• Work instructions
Only the lines from the beginning of the data below through the line that contains "through id n v found (x, i, node, path)" should be repeated, exactly as written.

(Supplied entries begins)

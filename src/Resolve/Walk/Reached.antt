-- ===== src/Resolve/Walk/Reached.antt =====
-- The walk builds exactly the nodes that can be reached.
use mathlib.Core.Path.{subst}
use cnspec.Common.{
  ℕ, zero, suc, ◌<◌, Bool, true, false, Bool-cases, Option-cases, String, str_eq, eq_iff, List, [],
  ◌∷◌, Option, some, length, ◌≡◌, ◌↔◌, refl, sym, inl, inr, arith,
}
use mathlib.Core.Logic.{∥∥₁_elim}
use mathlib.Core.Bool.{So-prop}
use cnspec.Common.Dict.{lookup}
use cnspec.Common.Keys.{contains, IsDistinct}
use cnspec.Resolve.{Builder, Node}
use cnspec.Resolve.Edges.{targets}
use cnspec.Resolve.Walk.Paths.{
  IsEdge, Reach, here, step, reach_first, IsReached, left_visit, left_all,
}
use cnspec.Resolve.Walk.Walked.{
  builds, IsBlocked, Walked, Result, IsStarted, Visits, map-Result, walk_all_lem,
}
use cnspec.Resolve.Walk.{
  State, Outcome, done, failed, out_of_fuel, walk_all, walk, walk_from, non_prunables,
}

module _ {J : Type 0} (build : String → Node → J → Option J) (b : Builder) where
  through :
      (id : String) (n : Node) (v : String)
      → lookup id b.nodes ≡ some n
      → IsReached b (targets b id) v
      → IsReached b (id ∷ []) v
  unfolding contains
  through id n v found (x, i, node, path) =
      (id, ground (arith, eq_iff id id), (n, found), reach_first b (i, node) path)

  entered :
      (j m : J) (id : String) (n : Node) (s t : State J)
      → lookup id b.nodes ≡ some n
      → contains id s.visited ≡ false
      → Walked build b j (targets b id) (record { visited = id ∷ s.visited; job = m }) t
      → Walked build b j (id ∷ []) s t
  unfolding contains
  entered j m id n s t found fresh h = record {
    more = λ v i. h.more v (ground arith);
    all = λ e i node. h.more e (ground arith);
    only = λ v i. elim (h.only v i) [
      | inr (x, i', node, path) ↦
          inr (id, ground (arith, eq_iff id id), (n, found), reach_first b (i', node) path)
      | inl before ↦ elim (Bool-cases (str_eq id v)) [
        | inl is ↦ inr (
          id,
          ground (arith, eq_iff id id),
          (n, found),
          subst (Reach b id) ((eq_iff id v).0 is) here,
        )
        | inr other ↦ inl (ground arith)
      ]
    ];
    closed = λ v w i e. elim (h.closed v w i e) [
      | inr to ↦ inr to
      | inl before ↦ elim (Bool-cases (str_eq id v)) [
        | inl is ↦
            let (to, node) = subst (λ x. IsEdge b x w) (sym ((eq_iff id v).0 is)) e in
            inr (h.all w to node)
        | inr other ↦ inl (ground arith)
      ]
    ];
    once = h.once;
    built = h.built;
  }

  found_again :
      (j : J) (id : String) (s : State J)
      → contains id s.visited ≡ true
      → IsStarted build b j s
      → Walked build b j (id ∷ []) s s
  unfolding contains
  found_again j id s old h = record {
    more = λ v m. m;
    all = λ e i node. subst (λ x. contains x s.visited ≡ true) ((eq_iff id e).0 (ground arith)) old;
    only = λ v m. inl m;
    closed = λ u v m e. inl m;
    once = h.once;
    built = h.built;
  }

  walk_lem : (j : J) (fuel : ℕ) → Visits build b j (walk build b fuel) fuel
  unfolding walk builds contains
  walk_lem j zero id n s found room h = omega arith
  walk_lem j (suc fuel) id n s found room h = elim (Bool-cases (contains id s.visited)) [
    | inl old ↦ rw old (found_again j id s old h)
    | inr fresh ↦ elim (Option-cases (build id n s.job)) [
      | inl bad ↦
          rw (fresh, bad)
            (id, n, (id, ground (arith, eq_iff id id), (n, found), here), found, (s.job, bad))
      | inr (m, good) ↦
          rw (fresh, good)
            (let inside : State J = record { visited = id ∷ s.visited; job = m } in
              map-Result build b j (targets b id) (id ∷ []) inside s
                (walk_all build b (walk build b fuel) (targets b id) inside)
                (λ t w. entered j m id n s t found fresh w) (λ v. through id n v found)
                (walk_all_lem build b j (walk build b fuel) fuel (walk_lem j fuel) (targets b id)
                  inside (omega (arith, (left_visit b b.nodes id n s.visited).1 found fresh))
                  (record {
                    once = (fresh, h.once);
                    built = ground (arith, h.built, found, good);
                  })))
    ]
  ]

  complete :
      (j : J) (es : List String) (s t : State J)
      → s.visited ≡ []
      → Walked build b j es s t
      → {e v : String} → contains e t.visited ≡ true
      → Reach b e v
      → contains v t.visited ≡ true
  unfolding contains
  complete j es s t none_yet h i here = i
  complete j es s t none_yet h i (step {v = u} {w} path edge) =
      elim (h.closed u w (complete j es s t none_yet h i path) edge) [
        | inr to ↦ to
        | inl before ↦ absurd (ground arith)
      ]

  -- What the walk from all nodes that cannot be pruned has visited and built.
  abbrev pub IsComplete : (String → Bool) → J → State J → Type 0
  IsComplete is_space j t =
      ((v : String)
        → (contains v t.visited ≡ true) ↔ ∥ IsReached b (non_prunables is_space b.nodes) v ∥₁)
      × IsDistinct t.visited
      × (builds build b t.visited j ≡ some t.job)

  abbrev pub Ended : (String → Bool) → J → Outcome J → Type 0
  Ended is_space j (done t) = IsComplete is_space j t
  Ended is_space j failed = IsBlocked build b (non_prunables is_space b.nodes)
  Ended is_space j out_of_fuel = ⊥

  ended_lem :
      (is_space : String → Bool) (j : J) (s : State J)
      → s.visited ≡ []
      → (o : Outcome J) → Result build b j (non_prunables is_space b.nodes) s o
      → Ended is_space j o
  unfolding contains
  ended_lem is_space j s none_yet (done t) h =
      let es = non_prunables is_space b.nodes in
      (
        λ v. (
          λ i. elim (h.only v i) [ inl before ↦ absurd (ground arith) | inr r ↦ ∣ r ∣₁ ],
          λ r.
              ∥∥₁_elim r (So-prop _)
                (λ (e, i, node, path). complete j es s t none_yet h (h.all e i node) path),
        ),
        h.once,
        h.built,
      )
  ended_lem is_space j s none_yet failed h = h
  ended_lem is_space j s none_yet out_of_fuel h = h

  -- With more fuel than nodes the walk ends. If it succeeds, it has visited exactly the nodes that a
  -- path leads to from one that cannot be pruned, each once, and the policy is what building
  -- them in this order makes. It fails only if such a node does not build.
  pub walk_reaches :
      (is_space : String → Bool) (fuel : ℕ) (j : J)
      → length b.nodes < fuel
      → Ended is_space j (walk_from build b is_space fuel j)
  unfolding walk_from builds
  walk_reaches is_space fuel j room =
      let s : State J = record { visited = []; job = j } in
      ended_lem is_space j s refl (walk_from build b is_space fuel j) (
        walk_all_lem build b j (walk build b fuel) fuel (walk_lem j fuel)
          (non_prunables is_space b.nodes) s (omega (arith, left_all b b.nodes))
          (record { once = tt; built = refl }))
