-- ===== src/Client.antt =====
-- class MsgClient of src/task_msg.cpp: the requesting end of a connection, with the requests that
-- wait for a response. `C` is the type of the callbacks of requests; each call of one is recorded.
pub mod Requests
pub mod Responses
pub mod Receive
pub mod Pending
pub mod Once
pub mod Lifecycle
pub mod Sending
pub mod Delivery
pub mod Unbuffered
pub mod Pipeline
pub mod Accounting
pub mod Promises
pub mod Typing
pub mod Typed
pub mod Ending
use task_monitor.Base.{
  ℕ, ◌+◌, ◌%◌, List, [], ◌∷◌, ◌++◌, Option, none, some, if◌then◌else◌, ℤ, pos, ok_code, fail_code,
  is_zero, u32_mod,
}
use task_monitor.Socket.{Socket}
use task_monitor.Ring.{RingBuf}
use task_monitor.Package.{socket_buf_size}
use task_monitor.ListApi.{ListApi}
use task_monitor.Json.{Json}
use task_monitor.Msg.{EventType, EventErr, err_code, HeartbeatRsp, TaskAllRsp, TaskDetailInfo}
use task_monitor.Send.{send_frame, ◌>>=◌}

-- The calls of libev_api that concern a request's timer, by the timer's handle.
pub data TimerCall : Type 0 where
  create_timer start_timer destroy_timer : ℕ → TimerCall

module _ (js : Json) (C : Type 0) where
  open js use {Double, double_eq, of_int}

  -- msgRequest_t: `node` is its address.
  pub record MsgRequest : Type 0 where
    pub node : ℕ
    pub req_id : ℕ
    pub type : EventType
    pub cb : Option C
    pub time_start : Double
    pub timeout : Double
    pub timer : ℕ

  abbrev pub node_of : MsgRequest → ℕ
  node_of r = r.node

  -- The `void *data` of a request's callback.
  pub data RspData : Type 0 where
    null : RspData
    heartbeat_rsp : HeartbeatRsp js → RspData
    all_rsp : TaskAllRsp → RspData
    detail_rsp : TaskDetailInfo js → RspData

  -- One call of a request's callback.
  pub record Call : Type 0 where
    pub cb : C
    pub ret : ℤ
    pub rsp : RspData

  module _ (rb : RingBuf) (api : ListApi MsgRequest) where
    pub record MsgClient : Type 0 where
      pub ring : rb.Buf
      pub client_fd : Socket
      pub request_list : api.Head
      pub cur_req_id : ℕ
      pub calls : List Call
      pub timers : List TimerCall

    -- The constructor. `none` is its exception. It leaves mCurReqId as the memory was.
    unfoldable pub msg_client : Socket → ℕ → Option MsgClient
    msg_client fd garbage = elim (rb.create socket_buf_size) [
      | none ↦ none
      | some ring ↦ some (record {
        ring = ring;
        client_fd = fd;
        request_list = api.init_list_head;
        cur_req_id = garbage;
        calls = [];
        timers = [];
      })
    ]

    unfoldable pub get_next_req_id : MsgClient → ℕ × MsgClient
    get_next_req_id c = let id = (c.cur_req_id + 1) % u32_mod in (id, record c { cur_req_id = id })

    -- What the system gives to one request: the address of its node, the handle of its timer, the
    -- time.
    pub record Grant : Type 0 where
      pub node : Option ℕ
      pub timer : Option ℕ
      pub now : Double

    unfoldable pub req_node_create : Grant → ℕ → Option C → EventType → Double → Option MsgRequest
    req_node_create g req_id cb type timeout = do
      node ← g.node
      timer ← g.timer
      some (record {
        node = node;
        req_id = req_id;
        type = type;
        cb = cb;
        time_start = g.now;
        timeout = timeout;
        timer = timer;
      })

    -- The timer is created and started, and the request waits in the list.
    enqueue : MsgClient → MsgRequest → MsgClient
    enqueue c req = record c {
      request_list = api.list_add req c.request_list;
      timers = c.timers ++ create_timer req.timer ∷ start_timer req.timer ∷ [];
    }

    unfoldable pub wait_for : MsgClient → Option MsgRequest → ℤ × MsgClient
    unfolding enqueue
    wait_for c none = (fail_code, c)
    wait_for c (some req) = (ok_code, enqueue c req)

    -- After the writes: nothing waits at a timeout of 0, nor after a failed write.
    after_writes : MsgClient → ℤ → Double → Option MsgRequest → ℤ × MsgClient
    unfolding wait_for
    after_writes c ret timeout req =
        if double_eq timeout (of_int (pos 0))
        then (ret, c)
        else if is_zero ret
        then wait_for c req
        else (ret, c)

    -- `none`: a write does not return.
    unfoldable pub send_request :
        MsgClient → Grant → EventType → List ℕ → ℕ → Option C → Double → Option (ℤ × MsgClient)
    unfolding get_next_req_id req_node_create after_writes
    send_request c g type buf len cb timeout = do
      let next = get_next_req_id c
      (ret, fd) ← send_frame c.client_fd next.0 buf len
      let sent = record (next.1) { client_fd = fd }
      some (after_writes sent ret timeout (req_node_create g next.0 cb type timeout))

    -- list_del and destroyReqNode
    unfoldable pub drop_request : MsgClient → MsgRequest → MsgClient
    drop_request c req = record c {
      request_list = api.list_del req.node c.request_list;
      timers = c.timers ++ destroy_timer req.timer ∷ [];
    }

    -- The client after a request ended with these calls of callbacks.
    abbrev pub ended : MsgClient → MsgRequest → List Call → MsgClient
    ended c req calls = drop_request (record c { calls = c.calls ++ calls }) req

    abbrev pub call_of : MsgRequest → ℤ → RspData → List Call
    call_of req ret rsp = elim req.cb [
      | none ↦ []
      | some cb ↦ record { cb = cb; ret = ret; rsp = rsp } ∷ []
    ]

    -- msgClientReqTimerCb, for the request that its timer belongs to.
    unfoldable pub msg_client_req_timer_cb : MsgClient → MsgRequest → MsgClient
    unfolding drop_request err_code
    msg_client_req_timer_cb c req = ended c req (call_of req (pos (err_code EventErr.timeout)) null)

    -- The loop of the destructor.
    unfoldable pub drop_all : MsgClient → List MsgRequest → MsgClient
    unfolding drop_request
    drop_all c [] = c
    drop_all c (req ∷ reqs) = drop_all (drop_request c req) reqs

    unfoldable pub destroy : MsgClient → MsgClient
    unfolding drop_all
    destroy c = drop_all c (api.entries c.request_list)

(Supplied entries ends)

• Answer for the task
filename src/Resolve/Walk/Reached.antt
-- ===== src/Resolve/Walk/Reached.antt =====
-- The walk builds exactly the nodes that can be reached.
use mathlib.Core.Path.{subst}
use cnspec.Common.{
  ℕ, zero, suc, ◌<◌, Bool, true, false, Bool-cases, Option-cases, String, str_eq, eq_iff, List, [],
  ◌∷◌, Option, some, length, ◌≡◌, ◌↔◌, refl, sym, inl, inr, arith,
}
use mathlib.Core.Logic.{∥∥₁_elim}
use mathlib.Core.Bool.{So-prop}
use cnspec.Common.Dict.{lookup}
use cnspec.Common.Keys.{contains, IsDistinct}
use cnspec.Resolve.{Builder, Node}
use cnspec.Resolve.Edges.{targets}
use cnspec.Resolve.Walk.Paths.{
  IsEdge, Reach, here, step, reach_first, IsReached, left_visit, left_all,
}
use cnspec.Resolve.Walk.Walked.{
  builds, IsBlocked, Walked, Result, IsStarted, Visits, map-Result, walk_all_lem,
}
use cnspec.Resolve.Walk.{
  State, Outcome, done, failed, out_of_fuel, walk_all, walk, walk_from, non_prunables,
}

module _ {J : Type 0} (build : String → Node → J → Option J) (b : Builder) where
  through :
      (id : String) (n : Node) (v : String)
      → lookup id b.nodes ≡ some n
      → IsReached b (targets b id) v
      → IsReached b (id ∷ []) v
  unfolding contains
  through id n v found (x, i, node, path) =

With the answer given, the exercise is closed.